Personally, I don't see a big value in failing because something took to long only to immediately retry it. Your client will have to wait either way.
Yes, we also just discussed the usage of backup-request, but that is limited to one additional request, right?
Correct, that would give you what you want. There is actually no need to remove the outer most Timeout. Both serve a purpose.
Correct, I simplified to make my point clear.
I don't see a big value in failing because something took to long only to immediately retry it. Your client will have to wait either way.
I think the assumption here is: If a call already took longer than expected latency (e.g. p999 + 10% = 25ms) the possibility that it will finish any time soon is rather low. So better stop waiting and issue a new request, reusing the open connection. But you are right, sounds like nice usecase for a backup call.
Edit: Allowing to configure "local (call) timeouts" in addition to "global timeouts" seems like a good addition nevertheless.
Yes, we also just discussed the usage of backup-request, but that is limited to one additional request, right?
Correct.
I think the assumption here is: If a call already took longer than expected latency (e.g. p999 + 10% = 25ms) the possibility that it will finish any time soon is rather low. So better stop waiting and issue a new request, reusing the open connection. But you are right, sounds like nice usecase for a backup call.
Backup requests would run concurrently and give the original request a chance to still finish. The first request to finish will be used. Might as well be the original request.

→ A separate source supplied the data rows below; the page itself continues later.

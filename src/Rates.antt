-- ===== src/Rates.antt =====
-- RFControls.cpp: sample rates and bandwidths.
pub mod Setting
pub mod Listing
use soapy_sidekiq.Base.{
  ℕ, zero, suc, ◌+◌, ◌/◌, ◌==◌, min, Bool, true, false, not, ◌||◌, List, [], ◌∷◌, Option, none,
  some, Outcome, ok, throw, ◌>>=◌, ◌>>◌, invalid_argument, runtime_error, ltb, leb, if◌then◌else◌,
}
use soapy_sidekiq.Base.Conversion.{checked_unsigned}
use soapy_sidekiq.Base.Double.{Double, at_least_pow}
use soapy_sidekiq.Base.Int.{ℤ, pos, eqb_ℤ}
use soapy_sidekiq.Base.Words.{add64}
use soapy_sidekiq.StreamRequest.{StreamDirection}
use soapy_sidekiq.Streams.{
  Constants, Device, validate_channel, get_handle, stream_direction, configure_while_rx_inactive,
}

-- What the SDK stores when a rate is read.
pub record RateReading : Type 0 where
  pub status : ℤ
  pub configured_rate : ℕ
  pub actual_rate : Double
  pub actual_bandwidth : ℕ

-- Reads and writes, over the state of the hardware. A write gives a status with the hardware behind it.
pub record RateSdk (H : Type 0) : Type 0 where
  pub read_rate : H → StreamDirection → ℕ → RateReading
  pub write_rate : H → StreamDirection → ℕ → ℕ → ℕ → ℤ × H
  pub min_rate : H → ℤ × ℕ
  pub max_rate : H → ℤ × ℕ

pub record RateAndBandwidth : Type 0 where
  pub configured_rate : ℕ
  pub actual_rate : Double
  pub actual_bandwidth : ℕ

-- The checks of a reading. A rate that is below 1, or not a number, is not at least 1.
unfoldable pub checked_reading : RateReading → Outcome RateAndBandwidth
checked_reading r =
    if not (eqb_ℤ r.status (pos 0))
    then throw runtime_error
    else if r.configured_rate == 0
        || not (at_least_pow r.actual_rate 0)
        || at_least_pow r.actual_rate 32
    then throw runtime_error
    else if r.actual_bandwidth == 0
    then throw runtime_error
    else ok (record {
      configured_rate = r.configured_rate;
      actual_rate = r.actual_rate;
      actual_bandwidth = r.actual_bandwidth;
    })

unfoldable pub at_least_one : ℕ → Outcome ℕ
at_least_one n = if n == 0 then throw invalid_argument else ok n

module _ {H : Type 0} (k : Constants) (sdk : RateSdk H) (d : Device) (code : ℤ) (channel : ℕ) where
  -- The handle of a channel that is validated first.
  unfoldable pub channel_handle : Outcome (StreamDirection × ℕ)
  channel_handle =
      validate_channel k d code channel
      >> (stream_direction k code
          >>= (λ direction. get_handle d direction channel >>= (λ handle. ok (direction, handle))))

  unfoldable pub read_rate_and_bandwidth : H → Outcome RateAndBandwidth
  read_rate_and_bandwidth hardware =
      channel_handle >>= (λ place. checked_reading (sdk.read_rate hardware place.0 place.1))

  abbrev pub read_back : ℤ × H → Outcome (Unit {0}) × H
  read_back (status, hardware) =
      if not (eqb_ℤ status (pos 0))
      then (throw runtime_error, hardware)
      else (read_rate_and_bandwidth hardware >>= (λ reading. ok tt), hardware)

  abbrev pub applied : ℕ → ℕ → H → Outcome (StreamDirection × ℕ) → Outcome (Unit {0}) × H
  applied rate bandwidth hardware (throw e) = (throw e, hardware)
  applied rate bandwidth hardware (ok place) =
      read_back (sdk.write_rate hardware place.0 place.1 rate bandwidth)

  unfoldable pub apply_rate_and_bandwidth : ℕ → ℕ → H → Outcome (Unit {0}) × H
  apply_rate_and_bandwidth rate bandwidth hardware = applied rate bandwidth hardware channel_handle

  abbrev pub apply_rate : ℕ → H → Outcome RateAndBandwidth → Outcome (Unit {0}) × H
  apply_rate requested hardware (throw e) = (throw e, hardware)
  apply_rate requested hardware (ok previous) =
      apply_rate_and_bandwidth requested (min previous.actual_bandwidth requested) hardware

  abbrev pub apply_bandwidth : ℕ → H → Outcome RateAndBandwidth → Outcome (Unit {0}) × H
  apply_bandwidth requested hardware (throw e) = (throw e, hardware)
  apply_bandwidth requested hardware (ok previous) =
      apply_rate_and_bandwidth previous.configured_rate requested hardware

  abbrev pub while_inactive :
      (ℕ → H → Outcome RateAndBandwidth → Outcome (Unit {0}) × H)
      → H
      → Outcome ℕ
      → Outcome (Unit {0}) × H
  while_inactive apply hardware (throw e) = (throw e, hardware)
  while_inactive apply hardware (ok requested) =
      configure_while_rx_inactive d.session
        (apply requested hardware (read_rate_and_bandwidth hardware)) hardware

  -- `setSampleRate` and `setBandwidth`.
  unfoldable pub set_sample_rate : Double → H → Outcome (Unit {0}) × H
  set_sample_rate rate hardware =
      while_inactive apply_rate hardware
        (validate_channel k d code channel >> (checked_unsigned 32 rate >>= at_least_one))

  unfoldable pub set_bandwidth : Double → H → Outcome (Unit {0}) × H
  set_bandwidth bandwidth hardware =
      while_inactive apply_bandwidth hardware
        (validate_channel k d code channel >> checked_unsigned 32 bandwidth)

  -- `getSampleRate` and `getBandwidth`.
  unfoldable pub get_sample_rate : H → Outcome Double
  get_sample_rate hardware = read_rate_and_bandwidth hardware >>= (λ r. ok r.actual_rate)

  unfoldable pub get_bandwidth : H → Outcome ℕ
  get_bandwidth hardware = read_rate_and_bandwidth hardware >>= (λ r. ok r.actual_bandwidth)

  -- `getSampleRateRange`, whose bounds are integers of 32 bits, which a double holds exactly.
  unfoldable pub get_sample_rate_range : H → Outcome (ℕ × ℕ)
  get_sample_rate_range hardware =
      let minimum = sdk.min_rate hardware in
      let maximum = sdk.max_rate hardware in
      validate_channel k d code channel
      >> (if not (eqb_ℤ minimum.0 (pos 0))
          then throw runtime_error
          else if not (eqb_ℤ maximum.0 (pos 0))
          then throw runtime_error
          else if minimum.1 == 0 || ltb maximum.1 minimum.1
          then throw runtime_error
          else ok (minimum.1, maximum.1))

-- The loop of `listSampleRates`, with a counter of 64 bits.
abbrev pub rate_step : ℕ
rate_step = 250000

abbrev pub listed : ℕ → Option (List ℕ) → Option (List ℕ)
listed rate none = none
listed rate (some rates) = some (rate ∷ rates)

unfoldable pub grid : ℕ → ℕ → ℕ → Option (List ℕ)
grid zero rate maximum = none
grid (suc fuel) rate maximum =
    let rest = grid fuel (add64 rate rate_step) maximum in
    if leb rate maximum then listed rate rest else some []

-- `listSampleRates`, with as many rounds as steps fit below the maximum, and two.
unfoldable pub list_sample_rates : Outcome (ℕ × ℕ) → Outcome (Option (List ℕ))
list_sample_rates range =
    range >>= (λ bounds. ok (grid (bounds.1 / rate_step + 2) bounds.0 bounds.1))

Allowing to configure "local (call) timeouts" in addition to "global timeouts" seems like a good addition nevertheless.
Are you interested in contributing this? The way I see it, it's essentially just an addition to the auto configuration, because all the building blocks are already there (FailsafePlugin+ Timeout policy).
@whiskeysierra Yes, I believe we have a couple of guys who would like to contribute.
@jbspeakr I saw you made a commit to your fork. Dare to open a PR?